◆ PROBLEM STATEMENT:
Below are some records. Return exactly the lines from the one with "(omega arith) (omega arith) no_cache-IsRight" to the one with "-- ===== src/Tests/Changes.antt", and nothing else.

INFORMATION GIVEN Block Start

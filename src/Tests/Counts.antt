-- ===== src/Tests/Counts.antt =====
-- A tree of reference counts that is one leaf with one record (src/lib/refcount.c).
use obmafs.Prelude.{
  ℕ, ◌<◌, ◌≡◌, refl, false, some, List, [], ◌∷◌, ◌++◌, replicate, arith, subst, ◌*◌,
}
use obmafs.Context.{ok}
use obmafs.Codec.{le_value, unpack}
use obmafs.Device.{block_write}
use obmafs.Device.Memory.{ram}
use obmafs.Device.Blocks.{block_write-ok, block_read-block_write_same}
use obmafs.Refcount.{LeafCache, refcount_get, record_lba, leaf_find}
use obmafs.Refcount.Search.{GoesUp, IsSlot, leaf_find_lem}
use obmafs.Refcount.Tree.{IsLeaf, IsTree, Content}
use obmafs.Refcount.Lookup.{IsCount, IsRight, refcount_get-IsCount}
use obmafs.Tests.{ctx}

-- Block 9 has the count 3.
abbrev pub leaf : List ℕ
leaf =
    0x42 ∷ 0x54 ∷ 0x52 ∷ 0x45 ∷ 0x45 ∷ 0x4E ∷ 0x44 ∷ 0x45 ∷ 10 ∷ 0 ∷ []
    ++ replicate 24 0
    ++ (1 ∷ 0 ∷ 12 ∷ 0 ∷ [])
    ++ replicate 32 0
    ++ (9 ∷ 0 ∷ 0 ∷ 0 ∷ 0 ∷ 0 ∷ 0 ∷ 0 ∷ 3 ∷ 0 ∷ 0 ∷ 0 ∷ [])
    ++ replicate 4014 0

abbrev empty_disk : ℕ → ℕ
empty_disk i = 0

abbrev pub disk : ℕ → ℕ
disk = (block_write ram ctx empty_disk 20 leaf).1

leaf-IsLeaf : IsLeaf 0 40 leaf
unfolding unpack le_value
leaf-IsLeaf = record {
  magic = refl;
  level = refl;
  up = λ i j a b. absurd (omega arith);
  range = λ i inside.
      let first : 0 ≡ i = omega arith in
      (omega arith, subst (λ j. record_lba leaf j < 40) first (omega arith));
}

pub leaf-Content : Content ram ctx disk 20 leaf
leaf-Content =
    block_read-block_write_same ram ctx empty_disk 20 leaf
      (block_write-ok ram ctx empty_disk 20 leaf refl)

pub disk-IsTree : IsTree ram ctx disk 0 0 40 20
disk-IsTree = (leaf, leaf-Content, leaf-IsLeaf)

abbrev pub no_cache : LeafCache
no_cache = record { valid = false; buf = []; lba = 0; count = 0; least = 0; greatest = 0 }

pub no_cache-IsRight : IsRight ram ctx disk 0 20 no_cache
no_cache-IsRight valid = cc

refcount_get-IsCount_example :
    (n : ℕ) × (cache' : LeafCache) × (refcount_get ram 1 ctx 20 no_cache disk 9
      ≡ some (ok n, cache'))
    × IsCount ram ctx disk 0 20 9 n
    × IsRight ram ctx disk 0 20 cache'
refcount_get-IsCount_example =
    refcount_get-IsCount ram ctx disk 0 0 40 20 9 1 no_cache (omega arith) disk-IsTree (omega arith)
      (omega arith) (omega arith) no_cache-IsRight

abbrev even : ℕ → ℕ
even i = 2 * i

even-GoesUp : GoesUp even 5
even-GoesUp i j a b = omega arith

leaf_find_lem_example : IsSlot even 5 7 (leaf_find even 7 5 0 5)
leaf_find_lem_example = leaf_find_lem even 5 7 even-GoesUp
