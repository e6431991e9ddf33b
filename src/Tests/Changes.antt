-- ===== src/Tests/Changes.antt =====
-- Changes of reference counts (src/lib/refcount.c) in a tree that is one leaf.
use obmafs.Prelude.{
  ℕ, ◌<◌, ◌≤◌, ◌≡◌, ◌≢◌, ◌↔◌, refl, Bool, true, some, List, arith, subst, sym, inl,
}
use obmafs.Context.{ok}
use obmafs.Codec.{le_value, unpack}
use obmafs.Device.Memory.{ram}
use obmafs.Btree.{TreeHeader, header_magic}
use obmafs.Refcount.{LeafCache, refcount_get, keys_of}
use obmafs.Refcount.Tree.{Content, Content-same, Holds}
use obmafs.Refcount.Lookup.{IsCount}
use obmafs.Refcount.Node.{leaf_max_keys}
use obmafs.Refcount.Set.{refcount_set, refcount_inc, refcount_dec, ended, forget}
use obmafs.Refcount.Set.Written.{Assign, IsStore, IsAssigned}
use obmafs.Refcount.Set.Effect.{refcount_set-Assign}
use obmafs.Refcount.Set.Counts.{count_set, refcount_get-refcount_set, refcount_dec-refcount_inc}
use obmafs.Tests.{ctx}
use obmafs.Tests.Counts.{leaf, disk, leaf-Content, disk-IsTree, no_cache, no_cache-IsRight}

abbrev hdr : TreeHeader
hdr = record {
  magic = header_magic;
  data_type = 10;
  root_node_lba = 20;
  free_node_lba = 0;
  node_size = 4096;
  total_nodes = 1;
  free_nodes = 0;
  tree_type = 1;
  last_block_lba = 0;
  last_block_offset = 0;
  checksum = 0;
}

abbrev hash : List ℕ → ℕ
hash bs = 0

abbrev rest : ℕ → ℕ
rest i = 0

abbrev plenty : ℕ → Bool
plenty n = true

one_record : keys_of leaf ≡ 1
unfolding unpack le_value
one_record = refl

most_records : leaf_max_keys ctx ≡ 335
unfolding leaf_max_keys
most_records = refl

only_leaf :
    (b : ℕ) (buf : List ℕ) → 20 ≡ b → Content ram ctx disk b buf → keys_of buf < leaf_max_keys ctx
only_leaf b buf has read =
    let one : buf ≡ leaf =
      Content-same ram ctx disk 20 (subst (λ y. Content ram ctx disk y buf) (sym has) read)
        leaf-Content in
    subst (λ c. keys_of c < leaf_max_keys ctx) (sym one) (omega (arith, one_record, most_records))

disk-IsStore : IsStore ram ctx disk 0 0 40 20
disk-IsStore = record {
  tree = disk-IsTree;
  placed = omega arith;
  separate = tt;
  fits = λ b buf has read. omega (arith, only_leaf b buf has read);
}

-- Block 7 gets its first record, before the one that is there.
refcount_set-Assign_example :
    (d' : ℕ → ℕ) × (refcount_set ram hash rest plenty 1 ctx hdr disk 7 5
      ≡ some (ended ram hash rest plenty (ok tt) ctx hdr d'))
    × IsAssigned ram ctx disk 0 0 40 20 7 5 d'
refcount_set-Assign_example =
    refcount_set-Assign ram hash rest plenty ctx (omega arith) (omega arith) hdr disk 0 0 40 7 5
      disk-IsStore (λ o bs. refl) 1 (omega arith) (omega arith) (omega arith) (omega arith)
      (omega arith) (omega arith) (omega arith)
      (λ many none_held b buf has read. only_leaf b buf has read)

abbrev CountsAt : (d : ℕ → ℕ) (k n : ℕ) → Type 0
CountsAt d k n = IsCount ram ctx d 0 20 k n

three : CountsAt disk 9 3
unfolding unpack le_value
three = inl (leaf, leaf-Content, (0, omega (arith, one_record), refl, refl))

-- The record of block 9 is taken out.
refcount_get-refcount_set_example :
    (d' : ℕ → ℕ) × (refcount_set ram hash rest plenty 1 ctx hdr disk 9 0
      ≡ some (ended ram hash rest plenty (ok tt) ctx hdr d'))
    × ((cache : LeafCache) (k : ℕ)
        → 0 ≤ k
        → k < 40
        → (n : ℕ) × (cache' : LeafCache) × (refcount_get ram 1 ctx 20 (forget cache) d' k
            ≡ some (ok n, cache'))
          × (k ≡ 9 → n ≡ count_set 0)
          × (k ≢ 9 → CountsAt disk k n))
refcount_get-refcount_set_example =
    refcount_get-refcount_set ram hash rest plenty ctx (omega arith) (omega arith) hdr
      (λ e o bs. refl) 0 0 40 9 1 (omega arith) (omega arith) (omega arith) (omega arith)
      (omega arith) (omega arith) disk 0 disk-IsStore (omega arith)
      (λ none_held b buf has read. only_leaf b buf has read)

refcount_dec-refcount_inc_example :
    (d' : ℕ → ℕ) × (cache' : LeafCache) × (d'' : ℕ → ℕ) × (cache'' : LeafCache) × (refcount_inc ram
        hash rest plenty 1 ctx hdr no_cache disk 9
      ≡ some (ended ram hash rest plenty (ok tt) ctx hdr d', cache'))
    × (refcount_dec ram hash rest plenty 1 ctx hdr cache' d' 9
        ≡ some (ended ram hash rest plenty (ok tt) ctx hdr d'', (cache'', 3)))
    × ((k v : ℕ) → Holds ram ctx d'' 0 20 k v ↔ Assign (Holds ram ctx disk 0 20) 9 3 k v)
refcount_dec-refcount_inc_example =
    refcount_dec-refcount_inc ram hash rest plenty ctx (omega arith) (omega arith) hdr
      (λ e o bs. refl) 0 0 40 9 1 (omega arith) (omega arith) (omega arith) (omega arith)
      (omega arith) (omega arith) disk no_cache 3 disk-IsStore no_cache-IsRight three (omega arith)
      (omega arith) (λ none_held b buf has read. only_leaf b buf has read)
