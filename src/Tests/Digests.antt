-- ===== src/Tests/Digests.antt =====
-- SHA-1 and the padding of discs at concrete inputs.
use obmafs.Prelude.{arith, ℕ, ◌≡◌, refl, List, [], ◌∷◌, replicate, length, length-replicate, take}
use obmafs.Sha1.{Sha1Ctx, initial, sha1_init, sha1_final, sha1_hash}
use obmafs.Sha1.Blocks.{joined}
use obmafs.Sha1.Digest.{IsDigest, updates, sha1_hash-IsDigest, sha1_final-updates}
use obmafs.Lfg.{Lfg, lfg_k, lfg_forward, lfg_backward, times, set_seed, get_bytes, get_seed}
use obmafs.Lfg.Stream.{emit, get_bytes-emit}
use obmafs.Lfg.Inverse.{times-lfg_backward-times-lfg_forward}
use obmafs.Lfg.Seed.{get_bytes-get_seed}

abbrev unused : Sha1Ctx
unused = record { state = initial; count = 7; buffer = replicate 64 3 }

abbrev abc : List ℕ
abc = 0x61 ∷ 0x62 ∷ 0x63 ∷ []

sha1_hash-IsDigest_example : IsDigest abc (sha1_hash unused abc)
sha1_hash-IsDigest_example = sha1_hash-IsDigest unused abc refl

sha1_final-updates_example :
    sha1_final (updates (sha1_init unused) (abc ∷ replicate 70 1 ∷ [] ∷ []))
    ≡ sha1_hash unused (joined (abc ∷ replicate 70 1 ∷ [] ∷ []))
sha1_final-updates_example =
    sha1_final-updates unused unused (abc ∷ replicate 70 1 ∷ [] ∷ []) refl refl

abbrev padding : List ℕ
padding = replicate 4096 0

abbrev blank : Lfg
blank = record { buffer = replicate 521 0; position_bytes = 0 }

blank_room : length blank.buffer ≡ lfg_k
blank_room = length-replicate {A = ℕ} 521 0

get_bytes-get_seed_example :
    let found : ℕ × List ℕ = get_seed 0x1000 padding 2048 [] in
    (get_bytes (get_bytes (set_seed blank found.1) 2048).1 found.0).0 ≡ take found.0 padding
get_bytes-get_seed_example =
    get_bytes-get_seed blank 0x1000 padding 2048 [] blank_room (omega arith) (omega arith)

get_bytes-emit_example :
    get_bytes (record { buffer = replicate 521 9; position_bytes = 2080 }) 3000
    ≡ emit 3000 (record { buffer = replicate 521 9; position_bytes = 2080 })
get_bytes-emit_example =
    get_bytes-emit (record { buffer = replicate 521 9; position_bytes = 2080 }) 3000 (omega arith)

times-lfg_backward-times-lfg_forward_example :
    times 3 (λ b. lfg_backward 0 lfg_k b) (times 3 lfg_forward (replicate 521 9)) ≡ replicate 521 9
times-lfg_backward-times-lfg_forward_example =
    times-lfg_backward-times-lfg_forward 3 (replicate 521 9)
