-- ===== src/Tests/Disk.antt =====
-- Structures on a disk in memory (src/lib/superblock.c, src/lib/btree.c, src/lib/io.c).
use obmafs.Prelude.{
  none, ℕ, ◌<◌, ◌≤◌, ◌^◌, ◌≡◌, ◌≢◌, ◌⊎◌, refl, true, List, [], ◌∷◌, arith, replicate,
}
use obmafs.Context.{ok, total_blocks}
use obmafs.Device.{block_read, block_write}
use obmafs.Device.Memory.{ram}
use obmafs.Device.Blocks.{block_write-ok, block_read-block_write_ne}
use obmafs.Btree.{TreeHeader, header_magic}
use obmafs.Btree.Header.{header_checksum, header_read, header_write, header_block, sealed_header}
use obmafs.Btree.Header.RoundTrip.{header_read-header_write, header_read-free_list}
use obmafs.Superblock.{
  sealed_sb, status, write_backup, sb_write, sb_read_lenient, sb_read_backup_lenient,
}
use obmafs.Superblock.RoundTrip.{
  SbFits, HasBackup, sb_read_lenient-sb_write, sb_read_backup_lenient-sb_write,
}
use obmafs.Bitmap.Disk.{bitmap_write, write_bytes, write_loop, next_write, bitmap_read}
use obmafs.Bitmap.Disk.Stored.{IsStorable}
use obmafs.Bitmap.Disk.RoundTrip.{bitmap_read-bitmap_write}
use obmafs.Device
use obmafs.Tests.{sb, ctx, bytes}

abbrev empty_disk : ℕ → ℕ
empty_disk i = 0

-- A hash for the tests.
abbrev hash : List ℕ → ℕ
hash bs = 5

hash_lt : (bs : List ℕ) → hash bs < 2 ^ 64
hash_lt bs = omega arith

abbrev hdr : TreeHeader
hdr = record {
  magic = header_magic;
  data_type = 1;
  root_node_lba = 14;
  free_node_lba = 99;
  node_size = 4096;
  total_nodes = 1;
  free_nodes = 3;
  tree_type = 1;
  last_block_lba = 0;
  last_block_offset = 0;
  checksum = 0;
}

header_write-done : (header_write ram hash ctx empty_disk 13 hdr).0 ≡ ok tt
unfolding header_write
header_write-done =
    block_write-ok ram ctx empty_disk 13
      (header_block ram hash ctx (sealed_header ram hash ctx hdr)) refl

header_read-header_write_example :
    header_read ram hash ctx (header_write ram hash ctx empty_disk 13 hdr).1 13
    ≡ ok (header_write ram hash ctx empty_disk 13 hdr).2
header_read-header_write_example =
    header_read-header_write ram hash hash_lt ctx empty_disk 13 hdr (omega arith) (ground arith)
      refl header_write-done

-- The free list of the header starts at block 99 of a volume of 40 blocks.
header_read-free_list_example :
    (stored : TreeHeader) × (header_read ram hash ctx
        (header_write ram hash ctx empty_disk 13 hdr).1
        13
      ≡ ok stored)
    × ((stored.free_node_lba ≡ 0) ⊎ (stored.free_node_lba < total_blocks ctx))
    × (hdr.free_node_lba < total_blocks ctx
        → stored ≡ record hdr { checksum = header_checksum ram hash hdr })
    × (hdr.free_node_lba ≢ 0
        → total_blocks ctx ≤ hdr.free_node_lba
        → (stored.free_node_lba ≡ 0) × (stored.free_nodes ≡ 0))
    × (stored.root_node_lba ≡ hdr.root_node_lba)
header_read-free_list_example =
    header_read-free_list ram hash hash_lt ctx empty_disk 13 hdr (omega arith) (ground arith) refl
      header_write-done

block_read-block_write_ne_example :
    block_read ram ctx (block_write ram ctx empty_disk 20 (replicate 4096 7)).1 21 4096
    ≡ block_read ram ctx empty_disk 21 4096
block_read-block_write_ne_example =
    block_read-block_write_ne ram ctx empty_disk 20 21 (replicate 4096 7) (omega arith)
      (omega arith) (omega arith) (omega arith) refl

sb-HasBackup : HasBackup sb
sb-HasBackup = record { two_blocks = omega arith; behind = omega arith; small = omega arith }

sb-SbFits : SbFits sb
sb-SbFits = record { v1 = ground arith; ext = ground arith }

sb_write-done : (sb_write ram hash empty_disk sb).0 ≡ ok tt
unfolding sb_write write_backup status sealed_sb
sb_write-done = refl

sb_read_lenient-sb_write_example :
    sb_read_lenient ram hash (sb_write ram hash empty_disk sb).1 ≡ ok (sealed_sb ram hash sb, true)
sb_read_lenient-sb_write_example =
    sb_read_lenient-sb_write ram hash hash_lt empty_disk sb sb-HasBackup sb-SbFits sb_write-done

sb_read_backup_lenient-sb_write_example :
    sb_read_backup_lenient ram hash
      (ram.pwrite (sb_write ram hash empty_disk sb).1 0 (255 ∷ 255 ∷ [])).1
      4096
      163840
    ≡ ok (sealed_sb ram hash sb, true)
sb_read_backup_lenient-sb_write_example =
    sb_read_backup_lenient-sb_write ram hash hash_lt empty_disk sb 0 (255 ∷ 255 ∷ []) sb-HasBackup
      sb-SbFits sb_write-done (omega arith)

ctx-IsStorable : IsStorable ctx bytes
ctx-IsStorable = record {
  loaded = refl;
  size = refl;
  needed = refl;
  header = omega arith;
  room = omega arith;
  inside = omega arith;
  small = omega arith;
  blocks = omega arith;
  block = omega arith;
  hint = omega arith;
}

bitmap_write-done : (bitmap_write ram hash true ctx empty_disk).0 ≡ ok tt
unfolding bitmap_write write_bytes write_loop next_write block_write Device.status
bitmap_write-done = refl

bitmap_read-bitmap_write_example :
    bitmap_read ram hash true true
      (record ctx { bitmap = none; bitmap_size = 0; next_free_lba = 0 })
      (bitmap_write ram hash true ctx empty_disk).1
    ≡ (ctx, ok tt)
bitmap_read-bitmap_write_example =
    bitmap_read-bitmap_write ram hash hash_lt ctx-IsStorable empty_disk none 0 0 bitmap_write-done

INFORMATION GIVEN Block End

◆ REPLY TO THE TASK:
      (omega arith) (omega arith) no_cache-IsRight

abbrev even : ℕ → ℕ
even i = 2 * i

even-GoesUp : GoesUp even 5
even-GoesUp i j a b = omega arith

leaf_find_lem_example : IsSlot even 5 7 (leaf_find even 7 5 0 5)
leaf_find_lem_example = leaf_find_lem even 5 7 even-GoesUp
repository e6431991e9ddf33b
filename src/Tests/Changes.antt
-- ===== src/Tests/Changes.antt =====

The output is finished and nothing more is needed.